The Current Situation

Agencies are not alone in facing these challenges, our clients and their marketing, sales and operating functions are also struggling to figure out how to engage with consumers, grow their businesses and build their brands in a fast-changing environment. But agencies face particular challenges – with the rise of procurement and the impact of short-termism, marketers sometimes minimize their relationships or engagements with agencies, viewing marketing as business costs rather than long-term investments.

It risks becoming a toxic, value-destroying environment for agencies, with the unintended consequence of killing the conditions for creativity and undermining the value that clients more than ever need agencies to deliver.

Talking Points

#01

Agencies and the commercial creativity they deliver remain a powerful and proven lever for growth – alternative marketing solutions that minimize the role of agencies may contribute to efficiency and productivity but are rarely true alternatives in terms of delivering top-line growth.

#02

Business growth is linked to creativity and innovation that comes from external partnerships. Agencies bring outside perspective, provocation, and breadth of expertise to provide the creativity multiplier effect that boosts growth.

#03

Agencies are indispensable business partners, armed with foresight, creativity, and the ability to develop brilliant solutions that create brand value, engage consumers and expand their communities, and help transform the industry.

#04

Agencies’ experience working across categories gives them a clear, objective view on the future and the big picture and can identify new business opportunities for their clients.

#05

When brands and agencies come together in a trusted partnership, the rewards and opportunity for both parties can be limitless.

#06

Leading in the quantum age of marketing requires a partnership invested in the future to ensure businesses survive and thrive.

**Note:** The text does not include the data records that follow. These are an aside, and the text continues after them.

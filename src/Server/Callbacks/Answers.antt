-- ===== src/Server/Callbacks/Answers.antt =====
-- `read_answer` on what the client writes for an answer.
use angr_ghidra_core.Prelude.{
  true, false, [], ◌∷◌, ◌++◌, append_assoc, ◌≡◌, refl, ◌∙◌, ap, arith, All,
}
use angr_ghidra_core.Prelude.Result.{Result, ok, err, callback_error}
use angr_ghidra_core.Packed.{Bytes, IsByte}
use angr_ghidra_core.Packed.NonZero.{IsPayload}
use angr_ghidra_core.Packed.Utf8.{decode_replace}
use angr_ghidra_core.Framing.{
  marker, string_stream, byte_stream, doubled, decode_byte_stream, bytes_start,
  query_response_start, query_start, query_end, string_end, bytes_end, exception_end,
  query_response_end,
}
use angr_ghidra_core.Framing.Doubling.{decode_byte_stream-doubled, doubled-IsPayload}
use angr_ghidra_core.Framing
use angr_ghidra_core.Transport.{read_to_burst}
use angr_ghidra_core.Transport.Bursts.{pipe, read_payload-closed}
use angr_ghidra_core.Server.{
  Reply, string, bytes, empty, read_reply, read_answer, read_exception, exception_part, join_parts,
}
use angr_ghidra_core.Client
use angr_ghidra_core.Client.{
  Answer, encoder, bytes, encoded, string, truth, nothing, other, raised, exception_bytes,
  write_answer, answer_to, service_query, open_query, read_query_param,
}

abbrev pub IsAnswer : Answer → Type 0
IsAnswer (encoder bs) = IsPayload bs
IsAnswer (Client.string s) = IsPayload s
IsAnswer (Client.bytes bs) = All IsByte bs
IsAnswer (encoded bs) = (raw : Bytes) × All IsByte raw × (bs ≡ doubled raw)
IsAnswer (truth b) = Unit
IsAnswer nothing = Unit
IsAnswer other = ⊥
IsAnswer (raised kind message) = IsPayload kind × IsPayload message

-- What `query` is to make of an answer.
abbrev pub outcome : Answer → Result Reply
outcome (encoder []) = ok empty
outcome (encoder bs) = ok (string bs)
outcome (truth true) = ok (string (b't' ∷ []))
outcome (truth false) = ok (string (b'f' ∷ []))
outcome (Client.bytes []) = ok empty
outcome (Client.bytes bs) = ok (bytes bs)
outcome (encoded bs) = elim (decode_byte_stream bs) [ ok raw ↦ ok (bytes raw) | err e ↦ err e ]
outcome (Client.string s) = ok (string s)
outcome (raised kind message) =
    err (callback_error (join_parts (decode_replace kind) (decode_replace message)))
outcome _ = ok empty

-- The bytes that a run of the client writes.
abbrev pub written : Answer → Bytes
written answer = (write_answer answer (pipe [] [])).1.output

read_string :
    (s rest output : Bytes)
    → IsPayload s
    → read_reply (pipe (string_stream s ++ (marker query_response_end ++ rest)) output)
      ≡ (ok (string s), pipe rest output)
unfolding read_reply read_to_burst Framing.read_to_burst Framing.scan_to_burst
read_string s rest output h =
    rw (read_payload-closed s string_end (marker query_response_end ++ rest) output h (omega arith))
      refl

read_bytes :
    (bs raw rest output : Bytes)
    → IsPayload bs
    → decode_byte_stream bs ≡ ok raw
    → read_reply (
        pipe
          ((marker bytes_start ++ (bs ++ marker bytes_end)) ++ (marker query_response_end ++ rest))
          output)
      ≡ (ok (bytes raw), pipe rest output)
unfolding read_reply read_to_burst Framing.read_to_burst Framing.scan_to_burst
read_bytes bs raw rest output h decodes =
    rw
      (
        read_payload-closed bs bytes_end (marker query_response_end ++ rest) output h (omega arith),
        decodes,
      )
      refl

read_exception-bytes :
    (kind message rest output : Bytes)
    → IsPayload kind
    → IsPayload message
    → read_exception (
        pipe
          (string_stream kind ++ (string_stream message ++ (marker exception_end ++ rest)))
          output)
      ≡ (ok (join_parts (decode_replace kind) (decode_replace message)), pipe rest output)
unfolding read_exception read_to_burst Framing.read_to_burst Framing.scan_to_burst
read_exception-bytes kind message rest output hk hm =
    let tail = marker exception_end ++ rest in
    rw
      (
        exception_part,
        read_payload-closed kind string_end (string_stream message ++ tail) output hk (omega arith),
      )
      (rw (exception_part, read_payload-closed message string_end tail output hm (omega arith))
        refl)

read_empty :
    (rest output : Bytes)
    → read_reply (pipe (marker query_response_end ++ rest) output) ≡ (ok empty, pipe rest output)
unfolding read_reply read_to_burst Framing.read_to_burst Framing.scan_to_burst
read_empty rest output = refl

replied :
    (stream rest output : Bytes) (reply : Reply)
    → read_reply (pipe (stream ++ (marker query_response_end ++ rest)) output)
      ≡ (ok reply, pipe rest output)
    → read_answer (
        pipe
          (((marker query_response_start ++ stream) ++ marker query_response_end) ++ rest)
          output)
      ≡ (ok reply, pipe rest output)
unfolding read_answer read_to_burst Framing.read_to_burst Framing.scan_to_burst
replied stream rest output reply h =
    ap (λ i. read_reply (pipe i output)) (append_assoc stream (marker query_response_end) rest) ∙ h

raised_bytes :
    (kind message rest output : Bytes)
    → IsPayload kind
    → IsPayload message
    → read_answer (pipe (exception_bytes kind message ++ rest) output)
      ≡ (outcome (raised kind message), pipe rest output)
unfolding read_answer read_to_burst Framing.read_to_burst Framing.scan_to_burst
raised_bytes kind message rest output hk hm =
    let tail = string_stream message ++ marker exception_end in
    let frame : (string_stream kind ++ tail) ++ rest
        ≡ string_stream kind ++ (string_stream message ++ (marker exception_end ++ rest)) =
      append_assoc (string_stream kind) tail rest
      ∙ ap (λ s. string_stream kind ++ s)
          (append_assoc (string_stream message) (marker exception_end) rest) in
    rw (frame, read_exception-bytes kind message rest output hk hm) refl

-- An answer that the client writes, the server's `query` makes of it what it is to make, and it
-- leaves the bytes behind it.
pub read_answer-written :
    (answer : Answer) (rest output : Bytes)
    → IsAnswer answer
    → read_answer (pipe (written answer ++ rest) output) ≡ (outcome answer, pipe rest output)
unfolding write_answer
read_answer-written (encoder []) rest output h =
    replied [] rest output empty (read_empty rest output)
read_answer-written (encoder (b ∷ bs)) rest output h =
    replied (string_stream (b ∷ bs)) rest output (string (b ∷ bs))
      (read_string (b ∷ bs) rest output h)
read_answer-written (truth true) rest output h =
    replied (string_stream (b't' ∷ [])) rest output (string (b't' ∷ []))
      (read_string (b't' ∷ []) rest output (omega arith))
read_answer-written (truth false) rest output h =
    replied (string_stream (b'f' ∷ [])) rest output (string (b'f' ∷ []))
      (read_string (b'f' ∷ []) rest output (omega arith))
read_answer-written (Client.bytes []) rest output h =
    replied [] rest output empty (read_empty rest output)
read_answer-written (Client.bytes (b ∷ bs)) rest output h =
    let raw = b ∷ bs in
    replied (byte_stream raw) rest output (bytes raw) (
      read_bytes (doubled raw) raw rest output (doubled-IsPayload raw)
        (decode_byte_stream-doubled raw h))
read_answer-written (encoded bs) rest output (raw, hr, e) =
    let decodes : decode_byte_stream bs ≡ ok raw = rw e (decode_byte_stream-doubled raw hr) in
    rw (outcome, decodes)
      (replied (marker bytes_start ++ (bs ++ marker bytes_end)) rest output (bytes raw)
        (read_bytes bs raw rest output (rw e (doubled-IsPayload raw)) decodes))
read_answer-written (Client.string s) rest output h =
    replied (string_stream s) rest output (string s) (read_string s rest output h)
read_answer-written nothing rest output h = replied [] rest output empty (read_empty rest output)
read_answer-written other rest output h = absurd h
read_answer-written (raised kind message) rest output h =
    raised_bytes kind message rest output h.0 h.1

96% of marketers in a recent Adweek survey said creativity was a primary benefit they got from working with agencies. Other primary benefits marketers cited include strategy and innovative ideas (79%), as well as experience, marketing efficiency and consumer insight (percentages unspecified in source but all around 60%).

We believe that new technologies and the possibilities created by data are a new battlefield for commercial creativity, not an alternative to it

The Current Situation

Technology and data are changing the world, bringing many new alternatives for businesses and consumers. Embracing this is not optional, it’s a business essential. But with the power of technology and data being sold hard, they risk being treated as alternatives to creativity – and the agencies that deliver it – rather than a new battlefield and vehicle for it.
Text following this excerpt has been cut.